§ **Entries shown**
....
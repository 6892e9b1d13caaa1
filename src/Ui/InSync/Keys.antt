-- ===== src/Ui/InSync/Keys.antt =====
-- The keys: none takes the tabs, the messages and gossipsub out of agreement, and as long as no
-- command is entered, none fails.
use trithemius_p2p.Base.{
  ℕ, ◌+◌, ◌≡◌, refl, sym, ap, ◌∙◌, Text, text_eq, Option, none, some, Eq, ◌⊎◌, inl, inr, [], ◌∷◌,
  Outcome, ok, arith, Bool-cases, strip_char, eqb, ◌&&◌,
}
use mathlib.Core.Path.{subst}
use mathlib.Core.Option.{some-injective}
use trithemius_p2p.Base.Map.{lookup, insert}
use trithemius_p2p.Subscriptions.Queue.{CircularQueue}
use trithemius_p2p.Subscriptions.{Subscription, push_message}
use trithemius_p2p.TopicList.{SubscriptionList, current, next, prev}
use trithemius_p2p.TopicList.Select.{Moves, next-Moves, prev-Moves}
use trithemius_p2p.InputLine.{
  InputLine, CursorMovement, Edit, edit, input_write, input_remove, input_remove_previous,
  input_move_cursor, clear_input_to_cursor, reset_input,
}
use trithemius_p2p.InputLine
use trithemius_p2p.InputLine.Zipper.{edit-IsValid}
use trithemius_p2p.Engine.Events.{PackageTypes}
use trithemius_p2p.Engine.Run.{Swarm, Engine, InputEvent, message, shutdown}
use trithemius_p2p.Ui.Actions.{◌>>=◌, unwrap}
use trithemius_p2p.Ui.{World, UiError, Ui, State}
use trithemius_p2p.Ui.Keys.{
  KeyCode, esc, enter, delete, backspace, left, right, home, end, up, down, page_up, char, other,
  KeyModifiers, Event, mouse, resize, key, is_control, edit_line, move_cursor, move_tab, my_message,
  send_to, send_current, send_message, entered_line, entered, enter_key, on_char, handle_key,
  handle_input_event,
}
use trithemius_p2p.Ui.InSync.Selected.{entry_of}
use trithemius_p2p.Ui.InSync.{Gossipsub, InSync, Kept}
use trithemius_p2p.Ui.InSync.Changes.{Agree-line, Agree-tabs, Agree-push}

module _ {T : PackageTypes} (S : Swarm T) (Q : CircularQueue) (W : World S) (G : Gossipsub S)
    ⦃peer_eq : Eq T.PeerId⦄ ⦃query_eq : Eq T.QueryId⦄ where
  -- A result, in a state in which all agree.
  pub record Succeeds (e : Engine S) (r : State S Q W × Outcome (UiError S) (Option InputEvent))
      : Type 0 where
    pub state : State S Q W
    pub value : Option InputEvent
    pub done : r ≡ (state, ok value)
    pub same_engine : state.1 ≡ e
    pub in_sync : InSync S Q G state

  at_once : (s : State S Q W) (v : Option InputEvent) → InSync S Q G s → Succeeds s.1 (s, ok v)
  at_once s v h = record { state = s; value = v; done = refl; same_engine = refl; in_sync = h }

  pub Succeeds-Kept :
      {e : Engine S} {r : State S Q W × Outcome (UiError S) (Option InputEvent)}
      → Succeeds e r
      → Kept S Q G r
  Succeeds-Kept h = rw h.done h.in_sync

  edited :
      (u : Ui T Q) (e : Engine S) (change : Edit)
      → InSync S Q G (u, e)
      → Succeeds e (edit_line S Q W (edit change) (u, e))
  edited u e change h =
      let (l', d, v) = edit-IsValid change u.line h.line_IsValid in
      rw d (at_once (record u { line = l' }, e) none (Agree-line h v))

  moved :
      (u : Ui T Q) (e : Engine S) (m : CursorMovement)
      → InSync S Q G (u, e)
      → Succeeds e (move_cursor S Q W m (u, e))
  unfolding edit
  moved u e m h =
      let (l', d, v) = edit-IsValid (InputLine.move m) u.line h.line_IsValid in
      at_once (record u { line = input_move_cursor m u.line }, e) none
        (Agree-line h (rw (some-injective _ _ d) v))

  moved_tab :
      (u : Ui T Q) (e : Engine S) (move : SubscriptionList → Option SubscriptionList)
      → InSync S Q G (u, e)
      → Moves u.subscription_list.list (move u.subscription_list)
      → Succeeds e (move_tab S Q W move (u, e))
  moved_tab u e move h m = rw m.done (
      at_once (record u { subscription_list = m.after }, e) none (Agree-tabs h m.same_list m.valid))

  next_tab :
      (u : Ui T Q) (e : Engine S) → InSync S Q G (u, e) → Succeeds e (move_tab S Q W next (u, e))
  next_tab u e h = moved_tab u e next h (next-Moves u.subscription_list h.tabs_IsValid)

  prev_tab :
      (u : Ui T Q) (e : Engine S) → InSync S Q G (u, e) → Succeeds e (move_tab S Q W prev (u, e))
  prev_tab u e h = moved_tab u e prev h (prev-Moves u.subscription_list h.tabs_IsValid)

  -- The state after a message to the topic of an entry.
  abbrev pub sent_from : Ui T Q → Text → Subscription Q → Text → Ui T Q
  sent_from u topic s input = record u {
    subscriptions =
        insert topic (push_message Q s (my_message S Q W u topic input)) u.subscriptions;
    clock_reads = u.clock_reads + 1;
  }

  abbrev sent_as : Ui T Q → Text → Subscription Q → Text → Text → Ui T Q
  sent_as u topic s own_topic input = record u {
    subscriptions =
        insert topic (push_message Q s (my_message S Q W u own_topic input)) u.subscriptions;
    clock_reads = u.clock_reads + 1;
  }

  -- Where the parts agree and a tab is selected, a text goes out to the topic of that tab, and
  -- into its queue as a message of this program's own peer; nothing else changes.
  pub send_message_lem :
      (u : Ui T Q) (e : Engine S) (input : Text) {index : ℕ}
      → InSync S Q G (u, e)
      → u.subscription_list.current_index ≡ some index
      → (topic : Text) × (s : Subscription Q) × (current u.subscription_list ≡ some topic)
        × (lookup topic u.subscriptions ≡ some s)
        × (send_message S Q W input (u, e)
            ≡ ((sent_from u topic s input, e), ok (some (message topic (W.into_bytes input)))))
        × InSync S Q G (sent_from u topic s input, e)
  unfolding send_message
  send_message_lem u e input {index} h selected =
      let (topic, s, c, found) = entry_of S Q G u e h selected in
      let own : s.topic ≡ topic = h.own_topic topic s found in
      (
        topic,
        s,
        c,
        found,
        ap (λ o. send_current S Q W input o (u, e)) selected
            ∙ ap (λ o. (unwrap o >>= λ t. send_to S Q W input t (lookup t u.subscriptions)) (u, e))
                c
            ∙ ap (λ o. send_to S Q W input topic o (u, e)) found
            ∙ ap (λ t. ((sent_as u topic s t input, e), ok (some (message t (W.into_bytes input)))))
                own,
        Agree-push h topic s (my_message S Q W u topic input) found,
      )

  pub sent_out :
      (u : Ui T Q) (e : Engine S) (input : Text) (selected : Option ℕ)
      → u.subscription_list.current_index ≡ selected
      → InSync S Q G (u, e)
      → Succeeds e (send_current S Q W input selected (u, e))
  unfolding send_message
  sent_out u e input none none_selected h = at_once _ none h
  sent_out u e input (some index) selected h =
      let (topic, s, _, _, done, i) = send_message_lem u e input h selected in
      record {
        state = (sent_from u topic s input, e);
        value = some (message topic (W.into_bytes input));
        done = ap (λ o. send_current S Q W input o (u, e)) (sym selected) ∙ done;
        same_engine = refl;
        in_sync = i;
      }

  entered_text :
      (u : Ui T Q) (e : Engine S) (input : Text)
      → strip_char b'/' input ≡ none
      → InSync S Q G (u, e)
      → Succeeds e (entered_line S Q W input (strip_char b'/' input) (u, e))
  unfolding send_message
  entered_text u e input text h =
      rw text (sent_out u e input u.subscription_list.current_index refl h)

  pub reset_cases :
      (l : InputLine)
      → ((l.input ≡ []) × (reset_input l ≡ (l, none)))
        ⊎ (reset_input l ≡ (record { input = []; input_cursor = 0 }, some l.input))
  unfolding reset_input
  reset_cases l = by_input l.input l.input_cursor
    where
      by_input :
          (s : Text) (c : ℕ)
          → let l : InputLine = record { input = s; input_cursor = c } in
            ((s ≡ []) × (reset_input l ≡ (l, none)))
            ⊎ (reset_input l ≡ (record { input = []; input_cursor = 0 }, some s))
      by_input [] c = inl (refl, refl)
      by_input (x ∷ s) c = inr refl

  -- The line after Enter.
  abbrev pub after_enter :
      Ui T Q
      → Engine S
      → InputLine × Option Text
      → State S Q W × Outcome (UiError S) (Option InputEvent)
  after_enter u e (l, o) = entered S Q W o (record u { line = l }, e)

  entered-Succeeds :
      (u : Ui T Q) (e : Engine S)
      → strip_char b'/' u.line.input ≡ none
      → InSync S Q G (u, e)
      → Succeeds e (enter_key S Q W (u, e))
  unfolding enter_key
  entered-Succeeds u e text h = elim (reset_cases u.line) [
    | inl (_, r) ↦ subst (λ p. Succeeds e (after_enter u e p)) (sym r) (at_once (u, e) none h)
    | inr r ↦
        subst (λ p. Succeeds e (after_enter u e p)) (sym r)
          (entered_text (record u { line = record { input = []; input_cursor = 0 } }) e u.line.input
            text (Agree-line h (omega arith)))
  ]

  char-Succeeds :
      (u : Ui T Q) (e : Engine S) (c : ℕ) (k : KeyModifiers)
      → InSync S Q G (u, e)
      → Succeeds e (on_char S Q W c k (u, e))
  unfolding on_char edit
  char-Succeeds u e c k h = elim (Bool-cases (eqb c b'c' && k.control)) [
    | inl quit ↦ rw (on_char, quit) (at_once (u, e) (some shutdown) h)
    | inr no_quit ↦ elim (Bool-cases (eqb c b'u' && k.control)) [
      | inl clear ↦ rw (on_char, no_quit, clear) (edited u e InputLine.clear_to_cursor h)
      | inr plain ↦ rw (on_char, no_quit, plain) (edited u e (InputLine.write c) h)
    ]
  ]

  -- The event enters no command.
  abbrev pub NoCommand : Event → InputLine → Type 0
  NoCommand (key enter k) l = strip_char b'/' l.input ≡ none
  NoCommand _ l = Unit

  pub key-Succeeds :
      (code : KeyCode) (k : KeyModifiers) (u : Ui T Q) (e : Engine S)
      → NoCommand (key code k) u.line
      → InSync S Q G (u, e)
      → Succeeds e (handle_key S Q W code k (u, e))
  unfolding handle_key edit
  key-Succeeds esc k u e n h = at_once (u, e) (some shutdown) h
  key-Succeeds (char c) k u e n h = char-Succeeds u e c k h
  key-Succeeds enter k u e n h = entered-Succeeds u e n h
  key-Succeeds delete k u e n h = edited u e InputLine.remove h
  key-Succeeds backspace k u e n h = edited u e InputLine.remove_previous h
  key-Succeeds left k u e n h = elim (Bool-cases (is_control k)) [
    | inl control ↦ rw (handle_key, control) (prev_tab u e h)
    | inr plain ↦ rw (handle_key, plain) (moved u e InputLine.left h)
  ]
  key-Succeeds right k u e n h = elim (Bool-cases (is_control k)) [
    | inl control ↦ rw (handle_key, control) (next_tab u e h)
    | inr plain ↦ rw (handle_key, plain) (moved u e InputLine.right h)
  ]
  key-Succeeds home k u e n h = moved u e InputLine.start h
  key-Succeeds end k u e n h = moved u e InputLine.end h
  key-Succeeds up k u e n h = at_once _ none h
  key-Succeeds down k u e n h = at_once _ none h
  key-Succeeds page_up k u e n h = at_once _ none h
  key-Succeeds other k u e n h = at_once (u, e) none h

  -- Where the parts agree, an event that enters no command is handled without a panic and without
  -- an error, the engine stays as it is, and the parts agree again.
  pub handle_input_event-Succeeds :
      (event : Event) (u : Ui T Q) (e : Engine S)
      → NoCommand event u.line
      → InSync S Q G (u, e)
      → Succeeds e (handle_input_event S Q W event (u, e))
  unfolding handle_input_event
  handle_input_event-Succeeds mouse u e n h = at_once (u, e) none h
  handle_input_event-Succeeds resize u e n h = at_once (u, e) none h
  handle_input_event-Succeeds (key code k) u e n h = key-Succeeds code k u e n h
....
In the entries above, find each line with the word "Core" and copy it.

§ **Exercise output**
use mathlib.Core.Path.{subst}
use mathlib.Core.Option.{some-injective}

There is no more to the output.